-- ===== src/TreePatch/RoundTrip/Parsed.antt =====
-- rust/src/tree_patch_decode.rs: the decoder on a patch that `create` returned.
use difz.Prelude.{
  ℕ, ◌+◌, ◌<◌, ◌≤◌, ◌≡◌, refl, ap, Bool, true, false, not, ◌&&◌, List, [], ◌∷◌, ◌++◌, map, Option,
  none, some, arith, concat_map, length, length-append, length-concat_map, length-map, is_empty,
  is_some, ok, >>-eq-ok, All, Pairs, Pairs-length, ◌==◌, ==_refl, ==_iff, not-false,
}
use difz.Prelude.Bytes.{Bytes}
use difz.Prelude.Cursor.Reads.{Reads, Reads-all}
use difz.Prelude.Utf8.Encoding.{IsScalar}
use difz.Metadata.Records.{Metadata, no_metadata, metadata_is_empty}
use difz.Metadata.Decoding.RoundTrip.{decode-written}
use difz.Directory.Paths.{max_entries}
use difz.Directory.Structure
use difz.Directory.Structure.Hierarchy.{validate-ok_iff}
use difz.Directory.Structure.Likeness.{IsAlike, validate_alike}
use difz.Directory.Snapshot.{Entry, structure}
use difz.Directory.Canonical
use difz.Directory.Canonical.{CanonicalSnapshot, check_relations}
use difz.Directory.Canonical.Relations.{new-eq-ok}
use difz.PathFilter.Compile.{Rule, Filter, compile_filter}
use difz.File.Codec.{Native}
use difz.File.Patch.RoundTrip.{IsHash}
use difz.TreePatch.{default_limits, default_envelope}
use difz.TreePatch.Header
use difz.TreePatch.Header.{Header, header_len}
use difz.TreePatch.Header.RoundTrip.{Holds, decode_prefix-encode_tree, length-encode}
use difz.TreePatch.Decoding
use difz.TreePatch.Decoding.{
  DecodedEntry, ParsedPatch, Body, has_omitted, check_root, check_rules, body, finish, decode,
}
use difz.TreePatch.Decoding.Reading.{EntryFits, Reads-rule, Reads-entry, Reads-root_if, Reads-body}
use difz.TreePatch.Encoding.{CreateOptions, header_for}
use difz.TreePatch.Encoding.Layout.{rule_bytes, entry_bytes, root_bytes, IsWrittenAs, RuleFits}
use difz.TreePatch.Encoding.Outcome.{IsCreated, body_bytes}
use difz.TreePatch.Encoding.Choice.{choose-IsChosen}
use difz.TreePatch.Encoding.Projection.{IsSound, IsKept}
use difz.TreePatch.RoundTrip.Alike.{rule_size, entry_size, content_passes}
use difz.TreePatch.RoundTrip.Entries.{IsGood, IsGood-entries, links_as_files, entry_fits}

nil_of : {A : Type 0} (xs : List A) → is_empty xs ≡ true → xs ≡ []
nil_of [] h = refl
nil_of (x ∷ xs) h = cc h

none_of : {A : Type 0} (o : Option A) → not (is_some o) ≡ true → o ≡ none
none_of none h = refl
none_of (some a) h = cc h

not-true : (b : Bool) → not b ≡ true → b ≡ false
not-true false h = refl
not-true true h = cc h

both : (a b : Bool) → (a && b) ≡ true → (a ≡ true) × (b ≡ true)
both true b h = (refl, h)
both false b h = cc h

check_rules_passes :
    (rules : List Rule) {filter : Filter}
    → compile_filter rules ≡ ok filter
    → check_rules rules ≡ ok tt
unfolding check_rules
check_rules_passes [] h = refl
check_rules_passes (r ∷ rules) h = rw h refl

-- An empty record has nothing in it.
metadata_is_empty-no_metadata : (m : Metadata) → metadata_is_empty m ≡ true → m ≡ no_metadata
unfolding metadata_is_empty
metadata_is_empty-no_metadata m h =
    let (h₁, j) = both _ (not (is_some m.hardlink_to)) h in
    let (h₂, i) = both _ (is_empty m.holes) h₁ in
    let (h₃, g) = both _ (not (is_some m.finder_info)) h₂ in
    let (h₄, f) = both _ (m.finder_flags == 0) h₃ in
    let (h₅, e) = both _ (not (is_some m.times.btime)) h₄ in
    let (h₆, d) = both _ (not (is_some m.times.atime)) h₅ in
    let (h₇, c) = both _ (not (is_some m.times.mtime)) h₆ in
    let (h₈, b) = both _ (not (is_some m.native_acl)) h₇ in
    let (a, k) = both (is_empty m.xattrs) (is_empty m.aces) h₈ in
    cc (
      nil_of m.xattrs a,
      nil_of m.aces k,
      none_of m.native_acl b,
      none_of m.times.mtime c,
      none_of m.times.atime d,
      none_of m.times.btime e,
      (==_iff m.finder_flags 0).0 f,
      none_of m.finder_info g,
      nil_of m.holes i,
      none_of m.hardlink_to j,
    )

module _ (native : Native) (reserve : ℕ → Bool) (blake3 : Bytes → Bytes)
    (ample : (n : ℕ) → reserve n ≡ true) (hash : IsHash blake3) (s t : CanonicalSnapshot)
    (options : CreateOptions) (sound : IsSound t)
    (kept : All (IsKept options.omit) t.snapshot.entries)
    (root_kept : has_omitted t.snapshot.root.metadata options.omit ≡ false)
    (mask : options.omit.bits < 64) (scalars : All (λ r. All IsScalar r.pattern) options.rules)
    {patch : Bytes} (made : IsCreated native reserve blake3 s t options patch) where
  unfoldable pub header : Header
  header = header_for native reserve blake3 s t options

  ds : List DecodedEntry
  ds = made.entries

  valid : Structure.validate (map structure t.snapshot.entries) ≡ ok tt
  unfolding Canonical.new
  valid = (>>-eq-ok (Structure.validate (map structure t.snapshot.entries)) _ sound.canonical).0

  related : check_relations [] t.snapshot.entries ≡ ok tt
  unfolding Canonical.new
  related =
      let (_, h) =
        >>-eq-ok (Structure.validate (map structure t.snapshot.entries)) _ sound.canonical in
      (>>-eq-ok (check_relations [] t.snapshot.entries) _ h).0

  few_entries : length t.snapshot.entries ≤ max_entries
  few_entries =
      rw (length-map structure t.snapshot.entries) at
        ((validate-ok_iff (map structure t.snapshot.entries)).0 valid).0

  pub good : All (IsGood options.omit) t.snapshot.entries
  good =
      IsGood-entries options.omit [] t.snapshot.entries
        ((validate-ok_iff (map structure t.snapshot.entries)).0 valid).1
        (links_as_files [] t.snapshot.entries related) sound.entries kept

  -- The decoded entries, one by one.
  entries_fit :
      (es : List Entry) (xs : List DecodedEntry)
      → All (IsGood options.omit) es
      → Pairs (IsWrittenAs native reserve blake3 s.snapshot.entries) es xs
      → All (EntryFits reserve default_limits options.omit) xs
  entries_fit [] [] g p = tt
  entries_fit [] (x ∷ xs) g p = absurd p
  entries_fit (e ∷ es) [] g p = absurd p
  entries_fit (e ∷ es) (x ∷ xs) g p = (
    entry_fits native reserve blake3 ample s.snapshot.entries options.omit e x g.0 p.0,
    entries_fit es xs g.1 p.1,
  )

  entries-IsAlike :
      (es : List Entry) (xs : List DecodedEntry)
      → Pairs (IsWrittenAs native reserve blake3 s.snapshot.entries) es xs
      → Pairs IsAlike (map structure es) (map Decoding.structure xs)
  entries-IsAlike [] [] p = tt
  entries-IsAlike [] (x ∷ xs) p = absurd p
  entries-IsAlike (e ∷ es) [] p = absurd p
  entries-IsAlike (e ∷ es) (x ∷ xs) p = (
    content_passes native reserve blake3 s.snapshot.entries e x p.0 (
        choose-IsChosen native reserve blake3 _ s.snapshot.entries e x.operation x.payload
          p.0.chosen),
    entries-IsAlike es xs p.1,
  )

  fits : All (EntryFits reserve default_limits options.omit) ds
  unfolding ds
  fits = entries_fit t.snapshot.entries made.entries good made.written_as

  structured : Structure.validate (map Decoding.structure made.entries) ≡ ok tt
  structured =
      validate_alike (map structure t.snapshot.entries) (map Decoding.structure made.entries)
        (entries-IsAlike t.snapshot.entries made.entries made.written_as) valid

  read_entries :
      (xs : List DecodedEntry)
      → All (EntryFits reserve default_limits options.omit) xs
      → All (λ d. Reads (Decoding.entry reserve default_limits options.omit) (entry_bytes d) d) xs
  read_entries [] h = tt
  read_entries (x ∷ xs) h = (
    Reads-entry reserve default_limits options.omit x (omega arith) (omega arith) h.0,
    read_entries xs h.1,
  )

  read_rules :
      (rules : List Rule)
      → All (RuleFits default_limits.max_pattern_bytes) rules
      → All (λ r. All IsScalar r.pattern) rules
      → All (λ r. Reads (Decoding.rule default_limits.max_pattern_bytes) (rule_bytes r) r) rules
  read_rules [] h k = tt
  read_rules (r ∷ rules) h k = (
    Reads-rule default_limits.max_pattern_bytes r (omega arith) h.0 k.0,
    read_rules rules h.1 k.1,
  )

  -- The root record is written unless it is empty.
  root_passes :
      header.root_metadata ≡ true → check_root t.snapshot.root.metadata options.omit ≡ ok tt
  unfolding header header_for check_root
  root_passes present =
      let (_, _, _, no_holes, no_link) = new-eq-ok t.snapshot sound.canonical in
      let full : metadata_is_empty t.snapshot.root.metadata ≡ false =
        not-true (metadata_is_empty t.snapshot.root.metadata) present in
      rw (root_kept, full, no_holes, no_link) refl

  absent_root : header.root_metadata ≡ false → t.snapshot.root ≡ record { metadata = no_metadata }
  unfolding header header_for
  absent_root absent =
      let empty : metadata_is_empty t.snapshot.root.metadata ≡ true =
        not-false (metadata_is_empty t.snapshot.root.metadata) absent in
      ap (λ (m : Metadata). record { metadata = m })
        (metadata_is_empty-no_metadata t.snapshot.root.metadata empty)

  read_root :
      Reads
        (Decoding.root_if reserve header.root_metadata default_limits options.omit)
        (root_bytes header.root_metadata t.snapshot.root.metadata)
        t.snapshot.root
  unfolding header
  read_root =
      Reads-root_if reserve header.root_metadata default_limits options.omit t.snapshot.root
        absent_root
        λ present.
          let fits = made.root present in
          (
            fits.largest,
            fits.word,
            decode-written reserve t.snapshot.root.metadata ample sound.root.typed sound.root.valid
                (omega (arith, fits.word)),
            root_passes present,
          )

  rest : Bytes
  rest = body_bytes native reserve blake3 s t options made.entries

  rules_long :
      (rules : List Rule)
      → All (RuleFits default_limits.max_pattern_bytes) rules
      → All (λ r. 9 ≤ length (rule_bytes r)) rules
  rules_long [] h = tt
  rules_long (r ∷ rules) h = (rule_size _ r h.0, rules_long rules h.1)

  entries_long :
      (xs : List DecodedEntry)
      → All (EntryFits reserve default_limits options.omit) xs
      → All (λ d. 41 ≤ length (entry_bytes d)) xs
  entries_long [] h = tt
  entries_long (x ∷ xs) h = (entry_size x h.0.some_path, entries_long xs h.1)

  holds : Holds header rest default_envelope
  unfolding header header_for rest ds
  holds =
      let root = root_bytes header.root_metadata t.snapshot.root.metadata in
      let tail = concat_map entry_bytes made.entries ++ root in
      let size = length-append (concat_map rule_bytes options.rules) tail in
      let size' = length-append (concat_map entry_bytes made.entries) root in
      let few = made.rule_count in
      let some_entries = few_entries in
      let same = Pairs-length _ t.snapshot.entries made.entries made.written_as in
      let rules =
        length-concat_map rule_bytes 9 options.rules (rules_long options.rules made.rules) in
      let entries =
        length-concat_map entry_bytes 41 made.entries (entries_long made.entries fits) in
      record {
        reader = omega arith;
        rules = omega (arith, few);
        entries = omega (arith, some_entries);
        rule_room = omega (arith, size, rules, few);
        entry_room = omega (arith, size, size', rules, entries, few, same, some_entries);
      }

  header-IsTyped : Header.IsTyped header
  unfolding header header_for Canonical.hash
  header-IsTyped = record {
    needed_reader = omega arith;
    omit = mask;
    rule_count = omega arith;
    entry_count = omega arith;
    source_hash = (hash.size _, hash.bytes _);
    target_hash = (hash.size _, hash.bytes _);
  }

  unfoldable pub parsed : ParsedPatch
  parsed = record {
    header = header;
    rules = options.rules;
    entries = made.entries;
    root = t.snapshot.root;
  }

  b : Body
  b = record { rules = options.rules; entries = made.entries; root = t.snapshot.root }

  read_body : Reads (body reserve default_limits header) rest b
  unfolding header header_for rest b ds
  read_body =
      let few = made.rule_count in
      let some_entries = few_entries in
      let same = Pairs-length _ t.snapshot.entries made.entries made.written_as in
      Reads-body reserve default_limits header b ample (omega arith) (omega arith)
        (check_rules_passes options.rules made.compiled)
        (read_rules options.rules made.rules scalars) (read_entries made.entries fits) read_root

  room : header_len + length rest ≤ default_envelope.max_patch_bytes
  unfolding rest
  room = made.body

  patch_is : patch ≡ Header.encode blake3 header rest ++ rest
  unfolding header rest
  patch_is = made.patch_is

  -- The decoder returns what the writer wrote.
  pub decode-created : decode reserve blake3 patch default_limits ≡ ok parsed
  unfolding decode parsed b finish
  decode-created =
      let size = length-encode blake3 header rest hash header-IsTyped in
      let total = length-append (Header.encode blake3 header rest) rest in
      let within = room in
      rw
        (
          patch_is,
          decode,
          decode_prefix-encode_tree blake3 hash header rest default_envelope header-IsTyped holds
              (omega (arith, size, total, within)),
          Reads-all (body reserve default_limits header) rest b read_body (omega (arith, within)),
          ==_refl (length rest),
          structured,
        )
        refl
+ + + +
All lines in the data above from the one with "Reads-body reserve default_limits" through the one with "let size = length-encode" must be repeated exactly, and no others.

EXPECTED ANSWER =>
      Reads-body reserve default_limits header b ample (omega arith) (omega arith)
        (check_rules_passes options.rules made.compiled)
        (read_rules options.rules made.rules scalars) (read_entries made.entries fits) read_root

  room : header_len + length rest ≤ default_envelope.max_patch_bytes
  unfolding rest
  room = made.body

  patch_is : patch ≡ Header.encode blake3 header rest ++ rest
  unfolding header rest
  patch_is = made.patch_is

  -- The decoder returns what the writer wrote.
  pub decode-created : decode reserve blake3 patch default_limits ≡ ok parsed
  unfolding decode parsed b finish
  decode-created =
      let size = length-encode blake3 header rest hash header-IsTyped in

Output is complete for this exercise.